• _WORK ITEM_
Copy out each line below containing "behind".

• _INFORMATION SHOWN_
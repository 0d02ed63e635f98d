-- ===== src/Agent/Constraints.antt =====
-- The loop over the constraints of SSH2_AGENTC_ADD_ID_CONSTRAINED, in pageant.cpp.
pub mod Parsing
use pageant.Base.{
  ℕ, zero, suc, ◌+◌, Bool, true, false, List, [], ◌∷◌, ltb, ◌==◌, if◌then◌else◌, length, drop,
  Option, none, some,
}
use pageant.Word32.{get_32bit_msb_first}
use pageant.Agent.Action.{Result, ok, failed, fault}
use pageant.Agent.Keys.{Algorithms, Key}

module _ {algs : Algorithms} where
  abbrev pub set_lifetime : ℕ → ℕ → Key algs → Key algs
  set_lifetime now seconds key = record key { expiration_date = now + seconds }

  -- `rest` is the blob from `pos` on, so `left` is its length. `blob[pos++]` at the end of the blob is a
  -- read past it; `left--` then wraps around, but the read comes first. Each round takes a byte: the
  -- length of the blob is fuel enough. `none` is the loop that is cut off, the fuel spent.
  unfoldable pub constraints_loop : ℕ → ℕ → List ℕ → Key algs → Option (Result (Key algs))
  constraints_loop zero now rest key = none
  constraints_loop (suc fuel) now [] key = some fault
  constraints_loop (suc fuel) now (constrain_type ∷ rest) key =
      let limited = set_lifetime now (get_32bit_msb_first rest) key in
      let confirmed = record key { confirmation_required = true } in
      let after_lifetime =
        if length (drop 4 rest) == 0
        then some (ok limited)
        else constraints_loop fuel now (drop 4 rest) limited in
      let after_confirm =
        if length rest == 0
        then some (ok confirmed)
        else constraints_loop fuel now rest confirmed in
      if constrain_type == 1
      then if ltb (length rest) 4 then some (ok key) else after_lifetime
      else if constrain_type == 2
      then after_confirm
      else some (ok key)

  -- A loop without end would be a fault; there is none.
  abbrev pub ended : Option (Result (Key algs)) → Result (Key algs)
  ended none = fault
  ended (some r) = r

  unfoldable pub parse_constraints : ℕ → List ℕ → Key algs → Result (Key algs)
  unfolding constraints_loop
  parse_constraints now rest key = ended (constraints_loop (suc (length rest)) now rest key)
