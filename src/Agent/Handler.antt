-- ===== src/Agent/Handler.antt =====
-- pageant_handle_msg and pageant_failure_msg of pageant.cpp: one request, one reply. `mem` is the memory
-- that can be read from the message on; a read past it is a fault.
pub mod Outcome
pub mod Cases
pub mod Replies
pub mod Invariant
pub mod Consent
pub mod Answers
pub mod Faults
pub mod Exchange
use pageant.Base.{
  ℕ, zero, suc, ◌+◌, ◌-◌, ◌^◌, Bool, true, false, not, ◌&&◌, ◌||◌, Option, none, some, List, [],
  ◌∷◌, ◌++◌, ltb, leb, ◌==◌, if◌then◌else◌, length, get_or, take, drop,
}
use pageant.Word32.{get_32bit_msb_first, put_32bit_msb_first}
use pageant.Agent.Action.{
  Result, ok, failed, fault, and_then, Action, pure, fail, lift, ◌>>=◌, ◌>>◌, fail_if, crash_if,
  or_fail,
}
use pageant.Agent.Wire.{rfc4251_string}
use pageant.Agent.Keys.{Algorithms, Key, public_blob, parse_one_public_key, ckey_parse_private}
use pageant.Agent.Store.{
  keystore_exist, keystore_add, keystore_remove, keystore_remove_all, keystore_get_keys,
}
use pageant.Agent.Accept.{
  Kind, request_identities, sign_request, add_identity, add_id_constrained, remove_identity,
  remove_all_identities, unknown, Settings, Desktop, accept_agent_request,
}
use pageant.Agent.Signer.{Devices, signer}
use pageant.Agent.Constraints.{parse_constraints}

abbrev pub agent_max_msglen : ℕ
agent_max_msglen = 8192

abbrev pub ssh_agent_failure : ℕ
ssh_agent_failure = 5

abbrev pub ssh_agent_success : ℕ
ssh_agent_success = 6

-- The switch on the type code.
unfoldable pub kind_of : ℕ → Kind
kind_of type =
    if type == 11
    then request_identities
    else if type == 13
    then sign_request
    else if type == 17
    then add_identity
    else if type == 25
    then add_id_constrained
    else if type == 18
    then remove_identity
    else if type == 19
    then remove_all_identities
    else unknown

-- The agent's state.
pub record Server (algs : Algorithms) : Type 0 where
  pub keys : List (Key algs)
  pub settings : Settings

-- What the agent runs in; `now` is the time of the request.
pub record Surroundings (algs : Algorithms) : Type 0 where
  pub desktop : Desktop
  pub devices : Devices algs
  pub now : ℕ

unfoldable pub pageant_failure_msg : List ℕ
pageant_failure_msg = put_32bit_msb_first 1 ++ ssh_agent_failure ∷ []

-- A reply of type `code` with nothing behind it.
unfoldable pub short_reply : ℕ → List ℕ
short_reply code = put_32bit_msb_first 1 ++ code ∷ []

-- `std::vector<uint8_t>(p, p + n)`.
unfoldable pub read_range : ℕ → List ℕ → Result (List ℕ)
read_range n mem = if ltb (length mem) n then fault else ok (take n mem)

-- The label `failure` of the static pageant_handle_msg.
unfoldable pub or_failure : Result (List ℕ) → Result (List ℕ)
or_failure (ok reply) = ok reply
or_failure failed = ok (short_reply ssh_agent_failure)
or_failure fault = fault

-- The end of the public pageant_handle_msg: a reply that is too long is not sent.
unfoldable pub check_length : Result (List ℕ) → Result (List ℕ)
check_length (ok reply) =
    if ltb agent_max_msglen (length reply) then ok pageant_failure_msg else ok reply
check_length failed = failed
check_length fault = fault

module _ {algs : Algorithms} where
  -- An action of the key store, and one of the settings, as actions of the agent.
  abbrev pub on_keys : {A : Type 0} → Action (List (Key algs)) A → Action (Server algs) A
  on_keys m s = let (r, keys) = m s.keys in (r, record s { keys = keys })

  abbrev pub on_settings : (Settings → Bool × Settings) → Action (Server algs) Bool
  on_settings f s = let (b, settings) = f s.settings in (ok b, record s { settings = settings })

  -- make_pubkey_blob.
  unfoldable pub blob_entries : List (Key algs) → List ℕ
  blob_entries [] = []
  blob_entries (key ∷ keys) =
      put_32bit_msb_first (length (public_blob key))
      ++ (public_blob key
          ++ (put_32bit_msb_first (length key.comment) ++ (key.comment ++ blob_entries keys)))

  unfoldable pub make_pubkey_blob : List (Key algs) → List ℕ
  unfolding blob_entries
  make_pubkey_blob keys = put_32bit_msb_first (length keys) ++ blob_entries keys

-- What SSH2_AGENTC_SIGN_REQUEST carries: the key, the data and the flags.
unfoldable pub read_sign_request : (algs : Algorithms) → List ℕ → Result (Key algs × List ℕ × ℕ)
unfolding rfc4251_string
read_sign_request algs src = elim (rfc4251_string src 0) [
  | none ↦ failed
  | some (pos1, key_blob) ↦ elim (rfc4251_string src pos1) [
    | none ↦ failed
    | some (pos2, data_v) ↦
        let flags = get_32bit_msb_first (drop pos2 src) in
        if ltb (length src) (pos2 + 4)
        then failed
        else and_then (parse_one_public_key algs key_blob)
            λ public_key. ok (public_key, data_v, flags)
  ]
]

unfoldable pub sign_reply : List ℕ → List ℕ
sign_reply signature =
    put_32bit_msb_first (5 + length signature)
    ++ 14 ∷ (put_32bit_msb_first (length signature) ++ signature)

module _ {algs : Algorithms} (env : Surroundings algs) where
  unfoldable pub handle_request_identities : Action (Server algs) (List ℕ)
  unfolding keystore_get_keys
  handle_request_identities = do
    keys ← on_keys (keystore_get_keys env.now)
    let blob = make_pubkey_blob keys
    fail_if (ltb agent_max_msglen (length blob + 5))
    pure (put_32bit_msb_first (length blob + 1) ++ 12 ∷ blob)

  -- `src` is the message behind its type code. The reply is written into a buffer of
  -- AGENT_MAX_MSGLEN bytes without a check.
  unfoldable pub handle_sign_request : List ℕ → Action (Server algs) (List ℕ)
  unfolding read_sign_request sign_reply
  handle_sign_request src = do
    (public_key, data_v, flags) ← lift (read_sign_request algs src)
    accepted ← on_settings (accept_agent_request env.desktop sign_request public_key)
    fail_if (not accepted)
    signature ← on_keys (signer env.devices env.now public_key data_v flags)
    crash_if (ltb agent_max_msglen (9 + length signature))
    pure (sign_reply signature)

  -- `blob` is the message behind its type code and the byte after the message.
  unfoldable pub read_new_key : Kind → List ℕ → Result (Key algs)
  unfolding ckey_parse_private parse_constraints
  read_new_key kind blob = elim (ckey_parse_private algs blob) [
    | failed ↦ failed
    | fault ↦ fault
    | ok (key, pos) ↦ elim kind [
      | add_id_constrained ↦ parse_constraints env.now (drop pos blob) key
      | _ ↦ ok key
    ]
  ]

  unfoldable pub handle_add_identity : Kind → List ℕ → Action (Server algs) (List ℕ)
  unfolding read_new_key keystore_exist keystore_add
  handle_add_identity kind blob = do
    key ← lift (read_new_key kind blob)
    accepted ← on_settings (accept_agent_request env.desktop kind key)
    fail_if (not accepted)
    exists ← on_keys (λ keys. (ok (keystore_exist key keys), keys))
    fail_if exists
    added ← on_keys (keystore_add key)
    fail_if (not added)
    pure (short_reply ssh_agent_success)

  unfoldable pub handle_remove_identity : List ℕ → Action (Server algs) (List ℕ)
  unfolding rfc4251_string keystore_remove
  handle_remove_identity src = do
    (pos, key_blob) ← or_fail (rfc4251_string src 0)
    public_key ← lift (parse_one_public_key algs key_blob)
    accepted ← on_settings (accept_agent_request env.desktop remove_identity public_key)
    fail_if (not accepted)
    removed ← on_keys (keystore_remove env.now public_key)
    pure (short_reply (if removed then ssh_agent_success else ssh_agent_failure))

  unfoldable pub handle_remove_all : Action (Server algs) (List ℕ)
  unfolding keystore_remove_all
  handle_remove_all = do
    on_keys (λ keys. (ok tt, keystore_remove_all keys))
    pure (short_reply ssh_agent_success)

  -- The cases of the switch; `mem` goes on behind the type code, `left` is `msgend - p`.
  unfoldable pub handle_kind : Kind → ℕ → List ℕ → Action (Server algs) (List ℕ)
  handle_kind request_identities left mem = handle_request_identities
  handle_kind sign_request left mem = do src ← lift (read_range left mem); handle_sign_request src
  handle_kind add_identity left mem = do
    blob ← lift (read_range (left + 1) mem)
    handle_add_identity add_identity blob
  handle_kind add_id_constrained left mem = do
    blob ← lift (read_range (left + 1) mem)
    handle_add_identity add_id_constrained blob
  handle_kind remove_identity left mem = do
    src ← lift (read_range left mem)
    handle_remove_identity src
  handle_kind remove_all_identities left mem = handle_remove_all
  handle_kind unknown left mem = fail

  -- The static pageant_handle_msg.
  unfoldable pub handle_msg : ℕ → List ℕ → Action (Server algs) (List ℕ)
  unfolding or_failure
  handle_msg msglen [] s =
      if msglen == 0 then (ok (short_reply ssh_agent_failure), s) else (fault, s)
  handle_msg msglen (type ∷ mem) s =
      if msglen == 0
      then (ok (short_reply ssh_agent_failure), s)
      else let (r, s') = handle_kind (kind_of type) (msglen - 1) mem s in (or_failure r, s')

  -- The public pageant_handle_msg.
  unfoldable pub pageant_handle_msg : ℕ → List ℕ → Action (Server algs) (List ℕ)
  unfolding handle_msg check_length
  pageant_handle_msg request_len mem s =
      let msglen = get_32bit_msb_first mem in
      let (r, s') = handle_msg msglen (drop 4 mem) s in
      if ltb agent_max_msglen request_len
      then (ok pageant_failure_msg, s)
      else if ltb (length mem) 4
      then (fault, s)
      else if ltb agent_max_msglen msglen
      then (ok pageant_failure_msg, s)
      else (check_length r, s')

---

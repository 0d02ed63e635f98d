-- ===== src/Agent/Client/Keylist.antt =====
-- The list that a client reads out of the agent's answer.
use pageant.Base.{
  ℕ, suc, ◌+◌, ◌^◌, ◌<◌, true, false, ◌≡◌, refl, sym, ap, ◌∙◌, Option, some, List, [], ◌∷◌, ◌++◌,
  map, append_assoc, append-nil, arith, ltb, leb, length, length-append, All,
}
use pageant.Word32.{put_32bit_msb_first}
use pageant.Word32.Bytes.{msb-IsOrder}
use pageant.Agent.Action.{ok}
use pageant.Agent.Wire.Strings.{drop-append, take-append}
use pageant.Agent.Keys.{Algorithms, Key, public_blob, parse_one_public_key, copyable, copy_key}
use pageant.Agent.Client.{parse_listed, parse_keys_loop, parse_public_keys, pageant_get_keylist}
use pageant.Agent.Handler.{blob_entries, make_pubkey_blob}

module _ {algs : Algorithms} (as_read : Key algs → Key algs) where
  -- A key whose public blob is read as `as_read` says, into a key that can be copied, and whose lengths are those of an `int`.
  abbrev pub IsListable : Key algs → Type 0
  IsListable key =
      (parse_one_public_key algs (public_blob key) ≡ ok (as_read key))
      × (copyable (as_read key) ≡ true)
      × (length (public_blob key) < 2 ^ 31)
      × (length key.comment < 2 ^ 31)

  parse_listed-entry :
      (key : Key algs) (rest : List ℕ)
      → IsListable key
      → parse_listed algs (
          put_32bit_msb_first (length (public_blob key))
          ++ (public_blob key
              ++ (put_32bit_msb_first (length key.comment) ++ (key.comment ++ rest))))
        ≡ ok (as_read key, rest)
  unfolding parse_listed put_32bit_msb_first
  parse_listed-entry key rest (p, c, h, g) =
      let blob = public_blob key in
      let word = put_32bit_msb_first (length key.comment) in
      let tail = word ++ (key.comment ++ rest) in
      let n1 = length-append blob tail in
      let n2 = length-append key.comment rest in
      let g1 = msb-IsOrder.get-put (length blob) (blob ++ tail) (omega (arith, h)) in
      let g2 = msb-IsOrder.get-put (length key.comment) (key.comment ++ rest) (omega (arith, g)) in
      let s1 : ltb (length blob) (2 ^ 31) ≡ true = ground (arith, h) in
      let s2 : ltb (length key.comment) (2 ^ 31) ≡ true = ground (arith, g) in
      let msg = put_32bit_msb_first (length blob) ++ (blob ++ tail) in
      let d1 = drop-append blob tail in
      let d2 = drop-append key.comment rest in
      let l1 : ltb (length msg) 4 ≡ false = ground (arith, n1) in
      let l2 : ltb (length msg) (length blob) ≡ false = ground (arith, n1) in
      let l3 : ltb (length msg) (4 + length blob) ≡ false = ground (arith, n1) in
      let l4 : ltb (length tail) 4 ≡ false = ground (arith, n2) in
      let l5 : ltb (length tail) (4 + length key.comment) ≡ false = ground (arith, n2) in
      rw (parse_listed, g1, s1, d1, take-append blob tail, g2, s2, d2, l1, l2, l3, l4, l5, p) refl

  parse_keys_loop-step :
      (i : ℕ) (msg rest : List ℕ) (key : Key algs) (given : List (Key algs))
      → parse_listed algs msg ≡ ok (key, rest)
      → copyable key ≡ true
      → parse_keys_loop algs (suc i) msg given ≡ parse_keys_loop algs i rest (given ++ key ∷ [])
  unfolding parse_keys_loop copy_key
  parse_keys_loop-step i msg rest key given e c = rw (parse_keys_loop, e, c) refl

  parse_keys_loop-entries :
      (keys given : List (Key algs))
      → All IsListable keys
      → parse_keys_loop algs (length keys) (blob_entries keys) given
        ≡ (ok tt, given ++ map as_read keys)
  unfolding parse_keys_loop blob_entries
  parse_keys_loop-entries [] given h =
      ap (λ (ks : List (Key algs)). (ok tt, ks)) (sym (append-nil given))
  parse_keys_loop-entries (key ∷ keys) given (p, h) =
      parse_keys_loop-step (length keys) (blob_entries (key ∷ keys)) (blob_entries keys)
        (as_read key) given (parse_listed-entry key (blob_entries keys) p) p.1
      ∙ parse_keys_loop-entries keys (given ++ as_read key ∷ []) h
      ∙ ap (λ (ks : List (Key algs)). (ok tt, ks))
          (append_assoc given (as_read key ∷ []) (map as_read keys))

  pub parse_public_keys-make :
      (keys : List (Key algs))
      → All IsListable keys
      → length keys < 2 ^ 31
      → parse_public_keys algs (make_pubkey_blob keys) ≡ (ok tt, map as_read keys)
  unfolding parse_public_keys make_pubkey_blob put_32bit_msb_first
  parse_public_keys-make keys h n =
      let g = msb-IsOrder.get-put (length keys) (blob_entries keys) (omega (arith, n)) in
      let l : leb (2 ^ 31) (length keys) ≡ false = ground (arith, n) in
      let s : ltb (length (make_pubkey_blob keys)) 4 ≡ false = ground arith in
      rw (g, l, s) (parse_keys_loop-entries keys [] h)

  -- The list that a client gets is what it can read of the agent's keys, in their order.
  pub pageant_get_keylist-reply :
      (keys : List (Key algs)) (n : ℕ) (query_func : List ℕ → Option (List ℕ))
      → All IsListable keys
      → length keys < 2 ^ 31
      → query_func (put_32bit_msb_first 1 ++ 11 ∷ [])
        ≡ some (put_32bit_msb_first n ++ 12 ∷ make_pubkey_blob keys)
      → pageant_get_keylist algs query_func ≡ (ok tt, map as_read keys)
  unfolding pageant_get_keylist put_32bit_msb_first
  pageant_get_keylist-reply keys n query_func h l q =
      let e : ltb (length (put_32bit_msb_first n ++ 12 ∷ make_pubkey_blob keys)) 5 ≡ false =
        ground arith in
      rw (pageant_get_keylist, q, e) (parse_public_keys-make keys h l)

--

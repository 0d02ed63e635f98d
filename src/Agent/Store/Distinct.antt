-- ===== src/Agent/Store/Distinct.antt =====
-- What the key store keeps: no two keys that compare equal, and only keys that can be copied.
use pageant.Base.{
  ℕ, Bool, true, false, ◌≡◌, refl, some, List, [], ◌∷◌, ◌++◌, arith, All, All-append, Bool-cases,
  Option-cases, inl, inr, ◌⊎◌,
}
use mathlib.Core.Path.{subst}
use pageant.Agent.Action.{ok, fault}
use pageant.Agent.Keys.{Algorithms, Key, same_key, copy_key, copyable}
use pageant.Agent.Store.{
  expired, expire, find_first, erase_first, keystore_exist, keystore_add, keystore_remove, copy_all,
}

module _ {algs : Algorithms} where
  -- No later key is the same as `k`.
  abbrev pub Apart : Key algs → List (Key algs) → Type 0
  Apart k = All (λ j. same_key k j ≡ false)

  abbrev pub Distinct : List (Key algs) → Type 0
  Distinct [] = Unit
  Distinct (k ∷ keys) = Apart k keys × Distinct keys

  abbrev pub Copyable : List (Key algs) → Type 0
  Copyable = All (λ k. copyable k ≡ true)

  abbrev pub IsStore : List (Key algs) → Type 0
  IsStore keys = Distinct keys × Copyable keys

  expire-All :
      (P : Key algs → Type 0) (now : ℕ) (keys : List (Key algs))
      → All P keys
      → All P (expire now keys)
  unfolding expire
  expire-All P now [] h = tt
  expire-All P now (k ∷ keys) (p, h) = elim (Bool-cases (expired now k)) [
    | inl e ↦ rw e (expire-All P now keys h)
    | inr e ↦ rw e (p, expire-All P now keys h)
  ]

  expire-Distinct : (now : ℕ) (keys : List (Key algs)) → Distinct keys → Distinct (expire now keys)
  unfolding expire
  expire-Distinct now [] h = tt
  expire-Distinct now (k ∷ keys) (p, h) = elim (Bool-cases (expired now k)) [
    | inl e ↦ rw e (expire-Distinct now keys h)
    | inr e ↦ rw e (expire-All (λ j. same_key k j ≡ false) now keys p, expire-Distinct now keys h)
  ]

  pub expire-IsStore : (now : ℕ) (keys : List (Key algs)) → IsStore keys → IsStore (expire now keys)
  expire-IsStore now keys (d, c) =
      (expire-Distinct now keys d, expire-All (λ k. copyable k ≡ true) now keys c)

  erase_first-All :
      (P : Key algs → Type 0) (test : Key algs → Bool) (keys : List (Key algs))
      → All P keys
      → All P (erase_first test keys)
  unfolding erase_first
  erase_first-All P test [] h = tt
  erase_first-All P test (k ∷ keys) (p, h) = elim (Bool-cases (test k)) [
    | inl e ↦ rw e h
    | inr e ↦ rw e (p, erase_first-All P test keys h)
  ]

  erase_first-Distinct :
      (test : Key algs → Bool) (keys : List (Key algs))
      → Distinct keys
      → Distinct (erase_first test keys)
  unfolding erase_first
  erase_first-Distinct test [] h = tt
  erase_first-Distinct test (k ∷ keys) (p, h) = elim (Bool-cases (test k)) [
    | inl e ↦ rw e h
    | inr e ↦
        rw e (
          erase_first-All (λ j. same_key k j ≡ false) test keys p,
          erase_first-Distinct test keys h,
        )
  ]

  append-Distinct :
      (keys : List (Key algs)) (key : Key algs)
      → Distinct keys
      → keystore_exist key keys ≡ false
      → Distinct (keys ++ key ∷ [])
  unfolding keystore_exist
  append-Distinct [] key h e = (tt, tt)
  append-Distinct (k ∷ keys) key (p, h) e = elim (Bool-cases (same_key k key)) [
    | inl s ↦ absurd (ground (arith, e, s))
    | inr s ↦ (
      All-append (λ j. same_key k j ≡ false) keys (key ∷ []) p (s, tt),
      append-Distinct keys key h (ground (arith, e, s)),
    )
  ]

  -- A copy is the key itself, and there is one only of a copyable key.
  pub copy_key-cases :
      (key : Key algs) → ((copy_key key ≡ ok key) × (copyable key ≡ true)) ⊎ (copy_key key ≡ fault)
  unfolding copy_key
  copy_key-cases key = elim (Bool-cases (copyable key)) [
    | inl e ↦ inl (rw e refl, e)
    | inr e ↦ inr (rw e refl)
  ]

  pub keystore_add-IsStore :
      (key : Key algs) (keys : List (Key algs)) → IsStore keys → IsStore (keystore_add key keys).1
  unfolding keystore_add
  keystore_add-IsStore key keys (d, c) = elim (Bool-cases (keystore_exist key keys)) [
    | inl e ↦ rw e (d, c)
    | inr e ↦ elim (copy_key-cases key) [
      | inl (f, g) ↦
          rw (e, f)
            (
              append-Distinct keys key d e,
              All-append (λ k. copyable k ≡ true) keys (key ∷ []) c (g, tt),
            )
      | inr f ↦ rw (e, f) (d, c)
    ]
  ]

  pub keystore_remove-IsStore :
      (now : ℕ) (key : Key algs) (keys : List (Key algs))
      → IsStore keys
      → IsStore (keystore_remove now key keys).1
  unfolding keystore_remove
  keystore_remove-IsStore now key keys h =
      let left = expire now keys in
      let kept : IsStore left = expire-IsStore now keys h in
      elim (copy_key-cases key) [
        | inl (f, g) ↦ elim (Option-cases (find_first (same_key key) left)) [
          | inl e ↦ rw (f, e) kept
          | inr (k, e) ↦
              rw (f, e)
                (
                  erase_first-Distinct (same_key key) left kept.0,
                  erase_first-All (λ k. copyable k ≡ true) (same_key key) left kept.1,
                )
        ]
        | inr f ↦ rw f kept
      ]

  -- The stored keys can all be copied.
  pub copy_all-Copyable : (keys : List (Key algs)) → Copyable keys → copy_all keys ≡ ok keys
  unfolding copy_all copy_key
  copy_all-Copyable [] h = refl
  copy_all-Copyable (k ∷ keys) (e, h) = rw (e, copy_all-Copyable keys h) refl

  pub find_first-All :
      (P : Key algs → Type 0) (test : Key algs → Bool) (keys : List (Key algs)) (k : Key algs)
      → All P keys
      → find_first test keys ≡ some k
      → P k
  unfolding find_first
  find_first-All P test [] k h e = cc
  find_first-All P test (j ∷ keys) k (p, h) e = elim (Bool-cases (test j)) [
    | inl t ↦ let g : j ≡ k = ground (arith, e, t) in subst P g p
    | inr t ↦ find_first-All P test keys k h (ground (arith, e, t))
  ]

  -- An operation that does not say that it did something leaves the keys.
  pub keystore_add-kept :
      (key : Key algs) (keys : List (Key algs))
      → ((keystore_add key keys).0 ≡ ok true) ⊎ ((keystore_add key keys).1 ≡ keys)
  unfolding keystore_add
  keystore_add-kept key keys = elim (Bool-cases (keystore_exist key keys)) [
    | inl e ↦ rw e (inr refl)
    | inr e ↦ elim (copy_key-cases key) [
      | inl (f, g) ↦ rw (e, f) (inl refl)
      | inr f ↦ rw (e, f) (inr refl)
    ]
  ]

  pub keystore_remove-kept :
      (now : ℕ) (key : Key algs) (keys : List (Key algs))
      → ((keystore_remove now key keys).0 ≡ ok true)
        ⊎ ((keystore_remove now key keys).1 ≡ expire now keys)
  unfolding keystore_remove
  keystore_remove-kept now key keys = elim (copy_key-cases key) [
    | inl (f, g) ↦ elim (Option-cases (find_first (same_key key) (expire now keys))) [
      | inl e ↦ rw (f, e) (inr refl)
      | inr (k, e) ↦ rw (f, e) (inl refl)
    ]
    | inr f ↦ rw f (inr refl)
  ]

• _ANSWER SECTION_
-- A reply of type `code` with nothing behind it.
  -- `src` is the message behind its type code. The reply is written into a buffer of
  -- `blob` is the message behind its type code and the byte after the message.
  -- The cases of the switch; `mem` goes on behind the type code, `left` is `msgend - p`.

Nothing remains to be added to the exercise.